The point is that you don’t have to be stuck to rigid social expectations. Choose what is most important to you and work your philosophy around it.
3. Get a job that you are fulfilled by
We will be working for most of our lives. Our job will take up most of our days and most of our weeks. Getting a job that is of worth to you, that you are interested in and that you are enthused by will be a fundamental factor in providing you with a meaningful life and in maintaining fulfilment throughout your existence.
Choose a career that follows your ambition and that you are passionate about. If you are unhappy in your job, leave it and follow that ambition and passion to find meaningful work. We will be working for a long time, so we had better make sure it’s something we enjoy.
4. Maintain healthy relationships
Whether it is romantic, friendship or familial, we need healthy and cared for relationships. We all need someone to talk to and confide in throughout our lives.
Communicating our anxieties or celebrating our achievements with those we care for the most will be crucial for our well-being and making the most of happy moments. And this is integral to finding meaning.
Eliminate relationships that aren’t mutually beneficial or that are pulling you down.
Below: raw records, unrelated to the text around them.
-- ===== src/Protocol/Batch.antt =====
-- `BatchBuffers`, `PipelineBuffers` and `ValidatePipeline`: how many requests go into one write.
pub mod Bounds
use go_http_benchmark.Prelude.{
  ℕ, zero, suc, ◌+◌, ◌*◌, ◌/◌, ◌%◌, Bool, true, false, not, ◌&&◌, [], ◌∷◌, Option, none, some,
  Bytes, length, repeat, ltb, if◌then◌else◌, ℤ, pos, negsuc, quot, rem, is_zero, ltb_ℤ, neg,
}

-- A buffer, how many requests it holds, and how often it is to be written in a second.
pub record Batch : Type 0 where
  pub buffer : Bytes
  pub batch : ℕ
  pub tick_rate : ℤ

-- `if batch < 1 { batch = 1 }`
abbrev at_least_one : ℤ → ℕ
at_least_one (pos zero) = 1
at_least_one (pos (suc n)) = suc n
at_least_one (negsuc n) = 1

-- `for (batch > 1) && (rate%batch != 0) { batch-- }`
batch_down : ℕ → ℤ → ℕ
batch_down zero rate = zero
batch_down (suc zero) rate = suc zero
batch_down (suc (suc k)) rate =
    if is_zero (rem rate (suc (suc k))) then suc (suc k) else batch_down (suc k) rate

-- `none` is the panic of a division by zero.
unfoldable pub batch_buffers : Bytes → ℤ → ℤ → Option Batch
unfolding batch_down
batch_buffers [] rate max_len = none
batch_buffers (c ∷ s) rate max_len =
    let buf = c ∷ s in
    let batch = batch_down (at_least_one (quot max_len (length buf))) rate in
    some (record { buffer = repeat buf batch; batch = batch; tick_rate = quot rate batch })

-- For a pipeline that is not negative.
unfoldable pub pipeline_buffers : Bytes → ℤ → ℕ → Option Batch
pipeline_buffers buf rate zero = none
pipeline_buffers buf rate (suc k) =
    some (record { buffer = repeat buf (suc k); batch = suc k; tick_rate = quot rate (suc k) })

pub data PipelineError : Type 0 where
  negative_pipeline no_divisor : PipelineError

-- `none` is a nil error.
unfoldable pub validate_pipeline : ℤ → ℤ → Option PipelineError
validate_pipeline (negsuc n) rate = some negative_pipeline
validate_pipeline (pos zero) rate = none
validate_pipeline (pos (suc k)) rate =
    if not (is_zero (rem rate (suc k))) then some no_divisor else none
If people want the best for you, then they will listen, and you should do the same for them.
5. Read philosophy
Engaging with philosophy, even on a brief level, will help in gaining a perspective on how best to form a life philosophy. You don’t need to read thick volumes of intense philosophical reasoning. Just learning the basic ideas that philosophers have provided to us about existence can give us influence and guidance.
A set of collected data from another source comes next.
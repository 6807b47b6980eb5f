-- ===== src/BenchRate/Start.antt =====
-- benchcli-go/benchrate/benchrate.go: what `init` makes of the settings.
pub mod Ending
use go_http_benchmark.Prelude.{
  or_default, at_most, ℕ, zero, suc, ◌*◌, ◌^◌, Bool, true, false, not, ◌||◌, List, [], ◌∷◌, Option,
  none, some, Bytes, codes, length, ltb, if◌then◌else◌, ℤ, pos, negsuc,
}
use go_http_benchmark.Config.Ports.{url_host}
use go_http_benchmark.Protocol.Batch.{
  Batch, batch_buffers, pipeline_buffers, validate_pipeline, PipelineError,
}
use go_http_benchmark.Protocol.Encode.{encode_request}

-- The fields of BenchRate that `init` reads, and how many connections there are.
pub record Settings : Type 0 where
  pub ip : Bytes
  pub duration : ℤ
  pub concurrency : ℤ
  pub send_rate : ℤ
  pub batch_size : ℤ
  pub pipeline : ℤ
  pub payload : ℤ
  pub ps_interval : ℤ
  pub conns : ℕ

-- The fields as `init` leaves them; durations are in nanoseconds.
pub record Ready : Type 0 where
  pub duration : ℕ
  pub concurrency : ℕ
  pub send_rate : ℕ
  pub payload : ℕ
  pub ps_interval : ℕ
  pub wbuffer : Bytes
  pub batch : Batch

-- `logging.Fatalf` ends the process, and so does a panic.
pub data Started : Type 0 where
  no_connections : Started
  wrong_pipeline : PipelineError → Started
  wrong_tick_rate : Batch → Started
  panicked : Started
  ready : Ready → Started

abbrev pub second : ℕ
second = 10 ^ 9

-- `br.Pipeline > 0`
abbrev pub buffers_of : Bytes → ℕ → ℤ → ℤ → Option Batch
buffers_of request rate (pos (suc n)) batch_size = pipeline_buffers request (pos rate) (suc n)
buffers_of request rate (pos zero) batch_size = batch_buffers request (pos rate) batch_size
buffers_of request rate (negsuc n) batch_size = batch_buffers request (pos rate) batch_size

abbrev pub is_not_positive : ℤ → Bool
is_not_positive (pos (suc n)) = false
is_not_positive (pos zero) = true
is_not_positive (negsuc n) = true

abbrev pub is_empty : Bytes → Bool
is_empty [] = true
is_empty (c ∷ s) = false

-- `br.tickRate <= 0 || len(br.batchBuffer) == 0`
abbrev pub is_wrong : Batch → Bool
is_wrong b = is_not_positive b.tick_rate || is_empty b.buffer

abbrev pub checked : (Batch → Ready) → Option Batch → Started
checked f none = panicked
checked f (some b) = if is_wrong b then wrong_tick_rate b else ready (f b)

abbrev pub validated : Option PipelineError → Started → Started
validated none s = s
validated (some e) s = wrong_pipeline e

-- The request that is sent over and over: `EncodeRequest` of the bytes that `rand.Read` filled.
abbrev pub request_of : Bytes → Bytes → Bytes
request_of ip wbuffer = encode_request (codes "POST") (url_host ip) (codes "/echo") (some wbuffer)

abbrev pub ready_of : Settings → Bytes → ℕ → Batch → Ready
ready_of s wbuffer concurrency b = record {
  duration = or_default s.duration (10 * second);
  concurrency = concurrency;
  send_rate = or_default s.send_rate 1;
  payload = or_default s.payload 1024;
  ps_interval = or_default s.ps_interval second;
  wbuffer = wbuffer;
  batch = b;
}

abbrev pub settle : (ℕ → Bytes) → Settings → ℕ → Started
settle random s zero = no_connections
settle random s (suc c) =
    let rate = or_default s.send_rate 1 in
    let wbuffer = random (or_default s.payload 1024) in
    validated (validate_pipeline s.pipeline (pos rate)) (
      checked (ready_of s wbuffer (suc c))
        (buffers_of (request_of s.ip wbuffer) rate s.pipeline s.batch_size))

-- `init`; `random n` is what `rand.Read` fills `n` bytes with.
unfoldable pub init : (ℕ → Bytes) → Settings → Started
unfolding encode_request url_host validate_pipeline pipeline_buffers batch_buffers
init random s = settle random s (at_most (or_default s.concurrency 50000) s.conns)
For example, learning of stoic philosophy, learning the basic ideas of Plato and Aristotle and just generally what philosophers suggest about what it is to live a happy life can encourage us to think more deeply about our lives and form ideas to live by.
Once You have It, Nurture It And Maintain It
We will not miraculously determine what our philosophy of life is overnight. It will be a progression through a continuous and deep examination of our lives and ourselves.
However, once you have settled upon a set of ideas, beliefs and conducts to live by, nurture and preserve them as much as you can in order to do the best you can to find meaning in your life.
We will not reach a final, shining goal, or a utopian state of happiness and bliss. Building a life philosophy and finding meaning in life is more of a question of managing a mindset that that aims to maintain fulfilment throughout, and helps to combat and reduce inescapable suffering.